Civan çarşıdaki durgunluğun normal olmadığını söyleyerek, “Hareketlilik çok zayıf. İnsan yok denecek kadar az alışveriş yapılıyor. ABD kuvvetlerinin varlığı bölgenin istikrarını sağlamaya yardımcı bir faktör. Çünkü herkes kaosa ve karışıklığa neden olması sebebiyle savaştan korkuyor” şeklinde konuştu.
Türkiye endişesi giderek artıyor
Karar, YPG’yi Türkiye’ye karşı verdiği bölgesel mücadelede zor durumda bırakıyor. Cumhurbaşkanı Recep Tayyip Erdoğan daha önce defalarca ABD, YPG birliklerini sınır bölgelerinden çekilmeye mecbur etmediği takdirde onlardan kurtulma tehdidinde bulunmuştu.
ABD’nin kararı Kamışlı halkı tarafından geniş çaplı bir tepkiyle karşılanırken, 57 yaşındaki Rafi, Kürt çevrelerin hayal kırıklığına uğradığını söyledi. Rafi, “Çünkü ezilen halklar adaletli olmak yerine sömürülür. Kürtler, 3 yıldır radikalizme karşı verdikleri savaşa kurbanlar veriyor.
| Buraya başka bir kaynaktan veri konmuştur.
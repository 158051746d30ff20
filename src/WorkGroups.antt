-- ===== src/WorkGroups.antt =====
-- The work groups of the race and repeat runs: internal/racerepeat/groups.go. An int64 is a number
-- below 2 ^ 64 here, in two's complement.
pub mod Partition
pub mod Nonempty
pub mod Shards
use goplint.Base.{
  ℕ, zero, suc, ◌+◌, ◌-◌, ◌*◌, ◌%◌, ◌^◌, max, String, str_eq, str_less, Bool, true, false, not,
  ◌&&◌, ◌||◌, ◌==◌, ltb, List, [], ◌∷◌, ◌++◌, Option, none, some, length, get_elem?, if◌then◌else◌,
}

-- The fields of a work unit that the grouping reads.
pub record WorkUnit : Type 0 where
  pub id : String
  pub mode : String
  pub total_weight : ℕ

-- `<` of two int64.
abbrev pub signed_less : ℕ → ℕ → Bool
signed_less a b = ltb ((a + 2 ^ 63) % 2 ^ 64) ((b + 2 ^ 63) % 2 ^ 64)

abbrev pub race_effective_weight_multiplier : ℕ
race_effective_weight_multiplier = 4

unfoldable pub effective_group_weight : WorkUnit → ℕ
effective_group_weight unit =
    let weight =
      if str_eq unit.mode "race"
      then (unit.total_weight * race_effective_weight_multiplier) % 2 ^ 64
      else unit.total_weight in
    if signed_less weight 1 then 1 else weight

-- The order of the assignment: heavier first, and by identity among equals.
unfoldable pub goes_before : WorkUnit → WorkUnit → Bool
goes_before left right =
    let left_weight = effective_group_weight left in
    let right_weight = effective_group_weight right in
    if not (left_weight == right_weight)
    then signed_less right_weight left_weight
    else str_less left.id right.id

abbrev pub id_before : WorkUnit → WorkUnit → Bool
id_before left right = str_less left.id right.id

-- `slices.SortFunc`, by insertion. Only equal units may come in another order, and these have one
-- identity.
unfoldable pub insert_unit : (WorkUnit → WorkUnit → Bool) → WorkUnit → List WorkUnit → List WorkUnit
insert_unit before u [] = u ∷ []
insert_unit before u (x ∷ xs) =
    let rest = insert_unit before u xs in if before u x then u ∷ x ∷ xs else x ∷ rest

unfoldable pub sort_units : (WorkUnit → WorkUnit → Bool) → List WorkUnit → List WorkUnit
unfolding insert_unit
sort_units before [] = []
sort_units before (u ∷ us) = insert_unit before u (sort_units before us)

-- A group with its entry of `totals`.
pub record WorkGroup : Type 0 where
  pub total : ℕ
  pub units : List WorkUnit

abbrev pub empty_groups : ℕ → List WorkGroup
empty_groups zero = []
empty_groups (suc count) = record { total = 0; units = [] } ∷ empty_groups count

-- The inner loop: the groups from the number `candidate` on, against the one selected so far.
unfoldable pub select_lightest : ℕ → ℕ → ℕ → List WorkGroup → ℕ
select_lightest selected total candidate [] = selected
select_lightest selected total candidate (g ∷ gs) =
    if signed_less g.total total
    then select_lightest candidate g.total (suc candidate) gs
    else select_lightest selected total (suc candidate) gs

unfoldable pub lightest : List WorkGroup → ℕ
unfolding select_lightest
lightest [] = 0
lightest (g ∷ gs) = select_lightest 0 g.total 1 gs

abbrev pub add_unit : WorkUnit → WorkGroup → WorkGroup
add_unit u g = record {
  total = (g.total + effective_group_weight u) % 2 ^ 64;
  units = g.units ++ u ∷ [];
}

unfoldable pub add_at : ℕ → WorkUnit → List WorkGroup → List WorkGroup
add_at i u [] = []
add_at zero u (g ∷ gs) = add_unit u g ∷ gs
add_at (suc i) u (g ∷ gs) = g ∷ add_at i u gs

unfoldable pub assign : List WorkUnit → List WorkGroup → List WorkGroup
unfolding add_at lightest
assign [] groups = groups
assign (u ∷ us) groups = assign us (add_at (lightest groups) u groups)

unfoldable pub partition : List WorkUnit → ℕ → List WorkGroup
unfolding assign sort_units
partition units count = assign (sort_units goes_before units) (empty_groups count)

abbrev pub nonempty : List WorkUnit → Option (List WorkUnit)
nonempty [] = none
nonempty (u ∷ us) = some (u ∷ us)

-- `none` for every error.
unfoldable pub select_work_group : List WorkUnit → ℕ → ℕ → Option (List WorkUnit)
unfolding partition sort_units
select_work_group units index count =
    if ltb count 1 || ltb index 1 || ltb count index
    then none
    else if length units == 0
    then none
    else if ltb (length units) count
    then none
    else elim (get_elem? (partition units count) (index - 1)) [
      | none ↦ none
      | some g ↦ nonempty (sort_units id_before g.units)
    ]
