-- ===== src/WorkGroups/Shards.antt =====
-- The shards of a race and repeat run: `AllocateLPT` of internal/racerepeat/shards.go. An int64 is a
-- number below 2 ^ 64 here, in two's complement.
pub mod Balance
pub mod Members
use goplint.Base.{
  ℕ, zero, suc, ◌+◌, ◌*◌, ◌/◌, ◌%◌, ◌^◌, min, max, ℤ, pos, negsuc, decimal, String, str_eq,
  str_less, append, sort_by, Bool, true, false, not, ◌||◌, ◌==◌, ltb, leb, Option, none, some, List,
  [], ◌∷◌, ◌++◌, length, if◌then◌else◌,
}
use goplint.WorkGroups.{signed_less}

-- The fields of a timing entry that the allocation reads.
pub record TimingEntry : Type 0 where
  pub id : String
  pub duration_weight : ℕ

pub record Shard : Type 0 where
  pub id : String
  pub member_ids : List String
  pub total_weight : ℕ
  pub timeout_seconds : ℕ

-- Longer first, and by identity among equals.
unfoldable pub is_longer : TimingEntry → TimingEntry → Bool
is_longer left right =
    if not (left.duration_weight == right.duration_weight)
    then signed_less right.duration_weight left.duration_weight
    else str_less left.id right.id

unfoldable pub insert_entry : TimingEntry → List TimingEntry → List TimingEntry
insert_entry e [] = e ∷ []
insert_entry e (x ∷ xs) =
    let rest = insert_entry e xs in if is_longer e x then e ∷ x ∷ xs else x ∷ rest

unfoldable pub sort_entries : List TimingEntry → List TimingEntry
unfolding insert_entry
sort_entries [] = []
sort_entries (e ∷ es) = insert_entry e (sort_entries es)

-- `%02d`
abbrev two_digits : ℕ → String
unfolding decimal
two_digits n = if ltb n 10 then append "0" (decimal (pos n)) else decimal (pos n)

unfoldable pub empty_shards : String → ℕ → ℕ → List Shard
unfolding two_digits
empty_shards mode index zero = []
empty_shards mode index (suc count) =
    record {
      id = append mode (append "-" (two_digits (index + 1)));
      member_ids = [];
      total_weight = 0;
      timeout_seconds = 0;
    }
    ∷ empty_shards mode (index + 1) count

-- The first of the lightest shards: `selected` of weight `w` is the lightest up to `index`.
unfoldable pub lightest_shard : ℕ → ℕ → ℕ → List Shard → ℕ
lightest_shard selected w index [] = selected
lightest_shard selected w index (s ∷ ss) =
    if signed_less s.total_weight w
    then lightest_shard index s.total_weight (suc index) ss
    else lightest_shard selected w (suc index) ss

unfoldable pub select_shard : List Shard → ℕ
unfolding lightest_shard
select_shard [] = 0
select_shard (s ∷ ss) = lightest_shard 0 s.total_weight 1 ss

abbrev pub with_entry : TimingEntry → Shard → Shard
with_entry e s = record s {
  member_ids = s.member_ids ++ e.id ∷ [];
  total_weight = (s.total_weight + e.duration_weight) % 2 ^ 64;
}

unfoldable pub add_to : ℕ → TimingEntry → List Shard → List Shard
add_to i e [] = []
add_to zero e (s ∷ ss) = with_entry e s ∷ ss
add_to (suc i) e (s ∷ ss) = s ∷ add_to i e ss

unfoldable pub assign_entries : List TimingEntry → List Shard → List Shard
unfolding select_shard add_to
assign_entries [] shards = shards
assign_entries (e ∷ es) shards = assign_entries es (add_to (select_shard shards) e shards)

-- A negative weight comes to the least timeout.
unfoldable pub derived_timeout_seconds : ℕ → String → ℕ
derived_timeout_seconds weight mode =
    let multiplier = if str_eq mode "race" then 6 else 3 in
    if leb (2 ^ 63) weight
    then 120
    else max 120 (min ((weight / 1000000000) * multiplier + 60) (30 * 60))

unfoldable pub finish_shards : String → List Shard → List Shard
unfolding derived_timeout_seconds sort_by
finish_shards mode [] = []
finish_shards mode (s ∷ ss) =
    record s {
      member_ids = sort_by (λ id. id) s.member_ids;
      timeout_seconds = derived_timeout_seconds s.total_weight mode;
    }
    ∷ finish_shards mode ss

-- `none` is the error.
unfoldable pub allocate_lpt : List TimingEntry → ℤ → String → Option (List Shard)
unfolding finish_shards assign_entries sort_entries empty_shards
allocate_lpt entries (pos (suc n)) mode =
    if ltb (length entries) (suc n)
    then none
    else some
        (finish_shards mode (assign_entries (sort_entries entries) (empty_shards mode 0 (suc n))))
allocate_lpt entries _ mode = none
Bunun üzerine ABD Başkanı, herhangi bir ön uyarı yapmaksızın çekilme kararı alıyor” dedi.
Washington liderliğindeki Uluslararası Koalisyon tarafından desteklenen SDG, resmi web sitesinden yaptığı açıklama ile ABD’nin kararına yanıt verdi. Açıklamada, SDG’nin ülkenin doğusunda bir başka cephede DEAŞ’a karşı verdiği savaşın devam ettiği bildirildi. SDG, herkesi işbirliğine çağırıp en çok da Uluslararası Koalisyon’dan destek isterken, çekilmeye değil bölgede her türlü savaşçı desteğinin arttırılmasına ihtiyaç duyduklarını açıkladı.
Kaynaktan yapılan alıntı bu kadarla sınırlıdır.